Stored data
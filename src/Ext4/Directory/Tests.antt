-- ===== src/Ext4/Directory/Tests.antt =====
-- A directory block, and the theorems about it.
use fpga_emmc_card_reader.Base.{[], ◌∷◌, ◌≡◌, refl, arith, Bytes, All, some}
use fpga_emmc_card_reader.Ext4.Directory.{entries_from, parse_dir_entries}
use fpga_emmc_card_reader.Ext4.Directory.Laws.{
  IsListed, entries_from_enough, parse_dir_entries-IsListed,
}

-- Inode 12 under the name `ab`, whose record length was corrupted from 12 to 4, and inode 13, `c`.
abbrev block : Bytes
block =
    12 ∷ 0 ∷ 0 ∷ 0 ∷ 4 ∷ 0 ∷ 2 ∷ 1 ∷ 97 ∷ 98 ∷ 0 ∷ 0 ∷ 13 ∷ 0 ∷ 0 ∷ 0 ∷ 12 ∷ 0 ∷ 1 ∷ 1 ∷ 99 ∷ 0 ∷ 0
    ∷ 0 ∷ []

recovered :
    parse_dir_entries block 24
    ≡ record { inode = 12; name = 97 ∷ 98 ∷ []; file_type = 1; rec_len = 12 }
      ∷ record { inode = 13; name = 99 ∷ []; file_type = 1; rec_len = 12 }
      ∷ []
unfolding parse_dir_entries
recovered = refl

entries_from_enough_example : entries_from 30 block 24 0 ≡ some (parse_dir_entries block 24)
entries_from_enough_example = entries_from_enough 30 block 24 (omega arith)

parse_dir_entries-IsListed_example : All (IsListed block) (parse_dir_entries block 24)
parse_dir_entries-IsListed_example = parse_dir_entries-IsListed block 24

PROBLEM STATEMENT
If a line in the records contains the word "inode", copy it out.

OUTPUT OF THE EXERCISE
-- Inode 12 under the name `ab`, whose record length was corrupted from 12 to 4, and inode 13, `c`.
    ≡ record { inode = 12; name = 97 ∷ 98 ∷ []; file_type = 1; rec_len = 12 }
      ∷ record { inode = 13; name = 99 ∷ []; file_type = 1; rec_len = 12 }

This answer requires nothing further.